Two articles, finally, discuss the Tudor contribution to the recovery of the Anglo-Saxon past. Walter Goffart draws attention to the map of the Saxon Heptarchy which appears in William Lambarde's Archaionomia of 1568, the first attempt at a properly cartographic representation of the seven kingdoms and an image of the Anglo-Saxon world which enjoyed an influential after-life. Patrick Wormald re- examines the vexed problem of whether Lambarde used manuscripts of the Anglo-Saxon and Anglo-Norman law codes now-lost when he edited them for Archaionomia. He concludes that at least one lost witness may, as Felix Liebermann suspected, lie behind Lambarde's work, even though, as Kenneth Sisam first suggested, the vast majority of his idiosyncratic readings were introduced through transcripts collated and 'edited' by his friend and teacher Lawrence Nowell.

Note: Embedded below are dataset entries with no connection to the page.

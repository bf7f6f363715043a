-- ===== src/Providers/Identity.antt =====
-- internal/providers/provider.go: what crosses the boundary to a backend, and the providerID. A
-- string is its bytes; an int32 or int64 is a number that the API server has validated.
pub mod Format
mod Examples
use cluster_api_provider_hyd.Base.{
  ℕ, ◌≡◌, Bool, true, false, not, ◌&&◌, ◌||◌, Option, none, some, List, [], ◌∷◌, ◌++◌, Eq, ◌==◌,
  nat_eq, list_eq, leb, if◌then◌else◌, length, take, drop, Text, text, is_some, list_beq_iff, ◌↔◌,
  arith,
}
use cluster_api_provider_hyd.Base.Exec.{Result, ok, err, Exec}
use cluster_api_provider_hyd.Providers.Errors.{Error, other}

pub data AddressType : Type 0 where
  hostname_type internal_ip external_ip : AddressType

abbrev type_beq : AddressType → AddressType → Bool
type_beq hostname_type hostname_type = true
type_beq internal_ip internal_ip = true
type_beq external_ip external_ip = true
type_beq a b = false

type_beq_iff : (a b : AddressType) → (type_beq a b ≡ true) ↔ (a ≡ b)
type_beq_iff hostname_type b = elim b [
  | hostname_type ↦ ground arith
  | internal_ip ↦ ground arith
  | external_ip ↦ ground arith
]
type_beq_iff internal_ip b = elim b [
  | hostname_type ↦ ground arith
  | internal_ip ↦ ground arith
  | external_ip ↦ ground arith
]
type_beq_iff external_ip b = elim b [
  | hostname_type ↦ ground arith
  | internal_ip ↦ ground arith
  | external_ip ↦ ground arith
]

pub record Address : Type 0 where
  pub type : AddressType
  pub address : Text

abbrev address_beq : Address → Address → Bool
address_beq a b = type_beq a.type b.type && a.address == b.address

pub address_beq_iff : (a b : Address) → (address_beq a b ≡ true) ↔ (a ≡ b)
address_beq_iff a b = ground (arith, type_beq_iff a.type b.type, list_beq_iff a.address b.address)

instance abbrev pub address_eq : Eq Address
address_eq = record { beq = address_beq; beq_iff = address_beq_iff }

pub record Image : Type 0 where
  pub name : Text
  pub url : Text
  pub checksum : Text

pub record ManagedNetwork : Type 0 where
  pub name : Text
  pub subnet : Text
  pub dhcp_start : Text
  pub dhcp_end : Text

pub record MachineSpec : Type 0 where
  pub name : Text
  pub vcpus : ℕ
  pub memory_bytes : ℕ
  pub disk_bytes : ℕ
  pub image : Image
  pub networks : List Text
  pub managed_network : Option ManagedNetwork
  pub storage_pool : Text
  pub hostname : Text
  pub bootstrap_data : Text

pub record MachineState : Type 0 where
  pub id : Text
  pub name : Text
  pub ready : Bool
  pub addresses : List Address

-- The platform of the node that a machine becomes.
pub record NodePlatform : Type 0 where
  pub architecture : Text
  pub operating_system : Text

pub record InfrastructureSpec : Type 0 where
  pub storage_pool : Text
  pub image : Image
  pub managed_network : Option ManagedNetwork

-- A backend whose own state is a `B`: what a call answers, and the state after it.
pub record MachineProvider (B : Type 0) : Type 0 where
  pub name : Text
  pub storage_pool_for : Text → Text
  pub create : MachineSpec → Exec Error B MachineState
  pub get : Text → Exec Error B MachineState
  pub find_by_name : Text → Exec Error B MachineState
  pub delete : Text → Exec Error B (Unit {0})
  pub ensure_infrastructure : InfrastructureSpec → Exec Error B (Unit {0})
  pub delete_by_name : Text → Text → Exec Error B (Unit {0})

-- What internal/providers/provider.go asks of `Create`: the machine that it made is found by its name,
-- and another call with the name, whatever else the spec says, returns that machine and makes none.
-- `view` is what the backend holds, apart from connections, caches and counters.
pub record Idempotent {B V : Type 0} (prov : MachineProvider B) (view : B → V) : Type 0 where
  pub finds :
      (spec : MachineSpec) (a b c : B) (s : MachineState)
      → prov.create spec a ≡ (ok s, b)
      → view c ≡ view b
      → (t : MachineState) × (d : B) × (prov.find_by_name spec.name c ≡ (ok t, d))
        × (view d ≡ view b)
  pub adopts :
      (spec again : MachineSpec) (a b c : B) (s : MachineState)
      → prov.create spec a ≡ (ok s, b)
      → again.name ≡ spec.name
      → view c ≡ view b
      → (t : MachineState) × (d : B) × (prov.create again c ≡ (ok t, d))
        × (view d ≡ view b)
        × (t.id ≡ s.id)

abbrev pub slash : ℕ
slash = 47

abbrev pub scheme : Text
scheme = text "hydra://"

unfoldable pub provider_id : Text → Text → Text
provider_id backend id = scheme ++ backend ++ slash ∷ id

-- What stands before the first slash, and what after it.
unfoldable pub cut_slash : Text → Option (Text × Text)
cut_slash [] = none
cut_slash (c ∷ rest) =
    let later = cut_slash rest in
    if c == slash
    then some ([], rest)
    else elim later [ none ↦ none | some p ↦ some (c ∷ p.0, p.1) ]

abbrev pub is_empty : Text → Bool
is_empty [] = true
is_empty (c ∷ s) = false

abbrev pub parse_rest : Option (Text × Text) → Result Error (Text × Text)
parse_rest none = err other
parse_rest (some p) = if is_empty p.0 || is_empty p.1 then err other else ok p

unfoldable pub parse_provider_id : Text → Result Error (Text × Text)
parse_provider_id s =
    if leb (length s) (length scheme) || not (take (length scheme) s == scheme)
    then err other
    else parse_rest (cut_slash (drop (length scheme) s))
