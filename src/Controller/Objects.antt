-- ===== src/Controller/Objects.antt =====
-- The Kubernetes objects that internal/controller reads and writes (api/v1alpha1 and Cluster API's
-- types), as far as it does. An optional string, label or annotation whose absence reads as "" is a
-- text; an annotation of which only the presence counts is a Bool, and so is an optional boolean that
-- is false when absent. A condition keeps no message and no transition time.
use cluster_api_provider_hyd.Base.{ℕ, Bool, Option, List, Text}
use cluster_api_provider_hyd.Providers.Errors.{Wait}
use cluster_api_provider_hyd.Providers.Identity.{Address, Image, ManagedNetwork}

pub record OwnerRef : Type 0 where
  pub kind : Text
  pub api_version : Text
  pub name : Text
  pub uid : Text

-- The phase that an error is recorded for.
pub data Phase : Type 0 where
  provisioning deleting : Phase

pub data Reason : Type 0 where
  is_provisioned is_provisioning : Reason
  waits : Wait → Reason
  phase_failed phase_failed_retrying : Phase → Reason
  infrastructure_verified infrastructure_unverified infrastructure_invalid : Reason

pub record Condition : Type 0 where
  pub status : Bool
  pub reason : Reason
  pub observed_generation : ℕ

-- Which of the signals pauses an object.
pub data PauseReason : Type 0 where
  own_annotation : PauseReason
  cluster_spec cluster_annotation : Text → PauseReason

-- The Paused condition: its message names the signal, and status and reason say whether there is one.
pub record PausedCondition : Type 0 where
  pub signal : Option PauseReason
  pub observed_generation : ℕ

pub record HydraMachine : Type 0 where
  pub namespace : Text
  pub name : Text
  pub uid : Text
  pub generation : ℕ
  pub deleting : Bool
  pub finalizer : Bool
  pub owner_references : List OwnerRef
  pub cluster_label : Text
  pub standalone_annotation : Bool
  pub paused_annotation : Bool
  pub storage_pool_annotation : Text
  pub hypervisor_annotation : Text
  pub provider_id : Text
  pub vcpus : ℕ
  pub memory : ℕ
  pub disk_size : ℕ
  pub image : Option Image
  pub networks : List Text
  pub provisioned : Option Bool
  pub addresses : List Address
  pub ready : Option Condition
  pub provisioning_failed : Option Condition
  pub paused : Option PausedCondition

-- An infrastructureRef.
pub record InfraRef : Type 0 where
  pub kind : Text
  pub api_group : Text
  pub name : Text

pub record Machine : Type 0 where
  pub namespace : Text
  pub name : Text
  pub uid : Text
  pub cluster_label : Text
  pub data_secret_name : Text
  pub infra_ref : InfraRef

-- Where the API server of a workload cluster is reached.
pub record ApiEndpoint : Type 0 where
  pub host : Text
  pub port : ℕ

pub record Cluster : Type 0 where
  pub namespace : Text
  pub name : Text
  pub uid : Text
  pub infra_ref : InfraRef
  pub paused : Bool
  pub paused_annotation : Bool
  pub infrastructure_provisioned : Bool
  pub endpoint : ApiEndpoint

pub record HypervisorSpec : Type 0 where
  pub address : Text
  pub credentials_secret : Text

pub record HydraCluster : Type 0 where
  pub namespace : Text
  pub name : Text
  pub generation : ℕ
  pub deleting : Bool
  pub owner_references : List OwnerRef
  pub paused_annotation : Bool
  pub endpoint : ApiEndpoint
  pub hypervisor : Option HypervisorSpec
  -- `status.hypervisor.address`
  pub confirmed : Option Text
  pub base_image : Option Image
  pub networks : List Text
  pub storage_pool : Text
  pub managed_network : Option ManagedNetwork
  pub provisioned : Option Bool
  pub ready : Option Condition
  pub infrastructure_failed : Option Condition
  pub paused : Option PausedCondition

-- A Secret's data under the keys that are read: an absent key, or its bytes.
pub record Secret : Type 0 where
  pub uid : Text
  pub resource_version : Text
  pub value : Option Text
  pub ca_cert : Text
  pub client_cert : Text
  pub client_key : Text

The editors are to be congratulated for the way in which the volume has been conceived and for the general accuracy of the texts, and the press for the clarity with which the articles are set out. There was perhaps a case for a few more illustrations since the arguments of two articles depend upon visual data not provided here: Knock argues, for example, that the text of the Wonders of the East was emended to accord with the cycle of illuminations that accompanied it, yet one has to consult the facsimile edition to see what she means; and reproductions of Lambarde's Map and at least one or two of its descendants would have proven Goffart's point. But this is a minor quibble. Representative of the range of Professor Bately's interests and of the high standards of technical skill that she has helped in no small measure to instil within the field, this collection is a worthy celebration of her contribution to the present efflorescence of Anglo-Saxon studies. Imitation is great praise indeed.